# Advantages and Disadvantages of Ceramic heating bulbs



## DrAcidic (May 30, 2012)

Title says it all. Atm i have a normal 100w basking bulb but i want to use with an ON/OFF thermostat. i know i will need a ceramic but are they still as good as the bulbs? would a Reptiglow 10.0 provide enough light for a baby bearded dragon without a normal bulb?


----------



## CBR1100XX (Feb 19, 2006)

Hi

Whats size enclosure you using? 

You do not have to use a ceramic bulb however they do tend to last longer if you want to use a basking bulb instead go for the red infra red ones cost a few quid in most reptile shops and because its red not white light it allows it to be left on during night. I fit mine with reflectors as well. Also if using a bulb use a dimmer stat rather than an on and off type stat. They are more suitable for heat mats etc rather than bulbs which would blow with continuous on off action. 

I tend to stick with Dimmer stats for bulbs, Pulse stats for ceramic and on/off for heat mats.
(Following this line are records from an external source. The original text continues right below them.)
-- ===== src/Merkle/Commits/Soundness.antt =====
-- The rows of a store: their hashes are those of their fields, and no two rows of a table share one.
use zentral.Base.{
  All, Bool, List, String, [], arith, false, none, not, refl, string_eq, true, ℕ, ◌&&◌, ◌++◌, ◌==◌,
  ◌∷◌, ◌≡◌, nat_eq, option_eq, bool_eq,
}
use zentral.Merkle.Results.{ok}
use zentral.Merkle.Trees.{Tree}
use zentral.Merkle.Objects.{Object, hash}
use zentral.Merkle.Commits.{Store, Row, Environment, get, commit, is_there}
use zentral.Merkle.Commits.Steps.{Ends_at}
use zentral.Merkle.Commits.Keeps.{commit-Keeps}

abbrev pub has_unique_hashes : Store → Bool
has_unique_hashes [] = true
has_unique_hashes (row ∷ rows) =
    not (is_there (get row.model row.object.mt_hash rows)) && has_unique_hashes rows

-- Each row is saved under the hash of its fields, and no other row of its table has that hash.
unfoldable pub IsSound : Environment → Store → Type 0
IsSound env st =
    All
      (λ row.
        hash env.sha1 env.make_naive (env.models row.model) row.object ≡ ok row.object.mt_hash)
      st
    × (has_unique_hashes st ≡ true)

All-append :
    {A : Type 0} (P : A → Type 0) (xs : List A) (a : A) → All P xs → P a → All P (xs ++ (a ∷ []))
All-append P [] a h p = (p, tt)
All-append P (x ∷ xs) a (h, hs) p = (h, All-append P xs a hs p)

get-append_other :
    (model h : String) (rows : Store) (row : Row)
    → is_there (get model h rows) ≡ false
    → ((row.model == model) && (row.object.mt_hash == h)) ≡ false
    → is_there (get model h (rows ++ (row ∷ []))) ≡ false
unfolding get
get-append_other model h [] row g e = ground arith
get-append_other model h (r ∷ rows) row g e = ground (arith, get-append_other model h rows row)

has_unique_hashes-append :
    (st : Store) (row : Row)
    → has_unique_hashes st ≡ true
    → get row.model row.object.mt_hash st ≡ none
    → has_unique_hashes (st ++ (row ∷ [])) ≡ true
unfolding get
has_unique_hashes-append [] row u fresh = refl
has_unique_hashes-append (r ∷ rows) row u fresh = ground (
  arith,
  has_unique_hashes-append rows row,
  get-append_other r.model r.object.mt_hash rows row,
  string_eq.test_iff r.model row.model,
  string_eq.test_iff row.model r.model,
  string_eq.test_iff r.object.mt_hash row.object.mt_hash,
  string_eq.test_iff row.object.mt_hash r.object.mt_hash,
)

module _ (env : Environment) where
  -- A commit that returns leaves each row saved under the hash of its fields, with no two rows of a
  -- table under one hash, if it was so before and other processes keep it so.
  pub commit-IsSound :
      ((st : Store) → IsSound env st → IsSound env (env.meanwhile st))
      → (depth : ℕ) (model : String) (tree : Tree) (st after : Store) (obj : Object)
        (created : Bool)
      → IsSound env st
      → commit env depth model tree st ≡ (after, ok (obj, created))
      → IsSound env after
  unfolding IsSound
  commit-IsSound others depth model tree st after obj created sound returns =
      Ends_at (λ s o. IsSound env s) (commit env depth model tree st) after (obj, created)
        (commit-Keeps (IsSound env) env others
          (λ name new s i fresh right. (
            All-append _ s (record { model = name; object = new }) i.0 right,
            has_unique_hashes-append s (record { model = name; object = new }) i.1 fresh,
          ))
          depth model tree st sound)
        returns
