-- ===== src/Merkle/Examples.antt =====
-- Machines with a name, facts and a certificate, in an empty store.
use zentral.Merkle.Commits.{get, verdict, Store, Row, Environment, commit}
use zentral.Merkle.Objects.{hash, mto_fields, get_mt_field, Stored, Field, Model, Object}
use zentral.Merkle.Trees.Reorder.{self, dict, end, item, swap_items, trans_items}
use zentral.Merkle.Trees.{is_empty_tree, Tree, Items, prepare_commit_tree, cleanup_commit_tree}
use Prim.Native.String.{◌++◌ as ◌<>◌}
use zentral.Base.{
  Bool, String, [], false, if◌then◌else◌, none, refl, some, true, ◌==◌, ◌∷◌, ◌≡◌, ◌⊎◌, nat_eq,
  string_eq, option_eq, bool_eq,
}
use zentral.Merkle.Results.{Error, ok, err, ◌>>=◌, is_ordinary}
use zentral.Merkle.Sorting.{is_before, insert}
use zentral.Merkle.Hasher.{add_field, hexdigest}
use zentral.Merkle.Trees.Again.{is_fresh, prepare-cleanup}
use zentral.Merkle.Commits.Depth.{commit_ends}
use zentral.Merkle.Trees.Nesting.{nests_within}
use zentral.Merkle.Commits.Repeat.{commit-SameTree}
use zentral.Merkle.Commits.Soundness.{IsSound, commit-IsSound}
use zentral.Merkle.Commits.Collisions.{split-joined, split_tree}
use zentral.Merkle.Commits.Hollow.{hollow-raises, hollow_tree, with_emptied, emptied}

abbrev plain_field : String → Field
plain_field name = record {
  name = name;
  auto_created = false;
  many_to_one = none;
  many_to_many = none;
  is_json = false;
  related_model = "";
  initial = Stored.scalar Tree.null;
}

abbrev json_field : String → Field
json_field name = record (plain_field name) { is_json = true }

abbrev foreign_key : String → String → Field
foreign_key name related = record (plain_field name) {
  many_to_one = some true;
  many_to_many = some false;
  related_model = related;
}

abbrev machine_model : Model
machine_model = record {
  fields =
      plain_field "id"
      ∷ plain_field "name"
      ∷ plain_field "version"
      ∷ json_field "facts"
      ∷ foreign_key "certificate" "certificate"
      ∷ [];
  mt_excluded_fields = [];
}

abbrev certificate_model : Model
certificate_model = record { fields = plain_field "sha" ∷ []; mt_excluded_fields = [] }

-- a digest that can be read, and no other process
abbrev sandbox : Environment
sandbox = record {
  sha1 = λ s. "#" <> s;
  make_naive = λ s. s;
  models = λ name. if name == "machine" then machine_model else certificate_model;
  meanwhile = λ st. st;
  violates = λ name obj. false;
  full_clean = λ name obj. true;
}

abbrev facts : Tree
facts =
    Tree.dict none (Items.item "disk" (Tree.integer "1") (Items.item "raid" Tree.null Items.end))

abbrev machine : Tree
machine = Tree.dict none (
    Items.item "name" (Tree.text "m1") (
      Items.item "facts" facts (
        Items.item "certificate" (Tree.dict none (Items.item "sha" (Tree.text "c0") Items.end))
          Items.end)))

abbrev kept_facts : Tree
kept_facts = Tree.dict none (Items.item "disk" (Tree.integer "1") Items.end)

abbrev certificate_row : Row
certificate_row = record {
  model = "certificate";
  object = record { mt_hash = "#shac0"; values = ("sha", Stored.scalar (Tree.text "c0")) ∷ [] };
}

abbrev machine_object : Object
machine_object = record {
  mt_hash = "#certificate#shac0facts#disk1namem1";
  values =
      ("certificate", Stored.reference "#shac0")
      ∷ ("facts", Stored.json kept_facts)
      ∷ ("name", Stored.scalar (Tree.text "m1"))
      ∷ [];
}

abbrev committed : Store
committed = certificate_row ∷ (record { model = "machine"; object = machine_object }) ∷ []

machine_committed : commit sandbox 3 "machine" machine [] ≡ (committed, ok (machine_object, true))
unfolding commit prepare_commit_tree add_field get_mt_field cleanup_commit_tree hexdigest insert
    hash verdict
machine_committed = refl

-- the same machine, with its keys in another order
abbrev reordered_machine : Tree
reordered_machine = Tree.dict none (
    Items.item "facts"
      (Tree.dict none
        (Items.item "raid" Tree.null (Items.item "disk" (Tree.integer "1") Items.end)))
      (Items.item "name" (Tree.text "m1") (
        Items.item "certificate" (Tree.dict none (Items.item "sha" (Tree.text "c0") Items.end))
          Items.end)))

commit-SameTree_example :
    commit sandbox 3 "machine" reordered_machine committed ≡ (committed, ok (machine_object, false))
commit-SameTree_example =
    commit-SameTree sandbox 3 "machine" machine reordered_machine [] committed machine_object true
      (dict
        (trans_items (swap_items refl) (item (dict (swap_items refl)) (item self (item self end)))))
      machine_committed

commit-IsSound_example : IsSound sandbox committed
unfolding IsSound
commit-IsSound_example =
    commit-IsSound sandbox (λ st i. i) 3 "machine" machine [] committed machine_object true
      (tt, refl) machine_committed

abbrev stamped_facts : Tree
stamped_facts = Tree.dict (some "#disk1") (Items.item "disk" (Tree.integer "1") Items.end)

prepare-cleanup_example :
    (cleanup_commit_tree (stamped_facts) >>= prepare_commit_tree (λ s. "#" <> s) (λ s. s))
    ≡ ok stamped_facts
unfolding is_fresh prepare_commit_tree add_field hexdigest insert
prepare-cleanup_example = prepare-cleanup (λ s. "#" <> s) (λ s. s) facts stamped_facts refl refl

abbrev joined_object : Object
joined_object = record {
  mt_hash = "#name1version2";
  values = ("name", Stored.scalar (Tree.text "1version2")) ∷ [];
}

abbrev joined_store : Store
joined_store = record { model = "machine"; object = joined_object } ∷ []

-- "version" with the value "2", or both in the name
split-joined_example :
    commit sandbox 1 "machine" (split_tree "name" "version" "1" "2") joined_store
    ≡ (joined_store, ok (joined_object, false))
unfolding is_before commit prepare_commit_tree add_field get_mt_field hash verdict hexdigest insert
split-joined_example =
    split-joined sandbox "name" "version" "1" "2" 1 "machine" [] joined_store joined_object true
      refl refl refl refl refl

hollow-raises_example :
    (commit sandbox 1 "machine" (hollow_tree "facts" "raid" Tree.null) [] ≡ (
      with_emptied sandbox "facts" "raid" Tree.null "machine" (json_field "facts") 0 [],
      err Error.hash_mismatch,
    ))
    × (commit sandbox 1 "machine"
          (hollow_tree "facts" "raid" Tree.null)
          (with_emptied sandbox "facts" "raid" Tree.null "machine" (json_field "facts") 0 [])
        ≡ (
          with_emptied sandbox "facts" "raid" Tree.null "machine" (json_field "facts") 0 [],
          ok (emptied "facts" "#facts#", false),
        ))
unfolding is_empty_tree get_mt_field mto_fields get
hollow-raises_example =
    hollow-raises sandbox "facts" "raid" Tree.null "machine" (json_field "facts") 0 [] refl refl
      refl refl refl refl refl refl refl refl refl

commit_ends_example :
    ((obj : Object) × ((created : Bool) × ((commit sandbox 3 "machine" machine []).1
          ≡ ok (obj, created))))
    ⊎ ((e : Error) × (((commit sandbox 3 "machine" machine []).1 ≡ err e) × (is_ordinary e ≡ true)))
unfolding nests_within
commit_ends_example = commit_ends sandbox 2 "machine" machine [] refl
As for UV not sure those reptiglo are good enough for a quick growing beardies never really used them myself so I would opt for a 10% UV tube.

Hope thats helped.: victory:

Just to add I tend to use ceramic in my 4x2x2 vivs and anything smaller has a mixture of either ceramic or infrared. The ceramics do last longer however you can visually see an infrared bulb working.


----------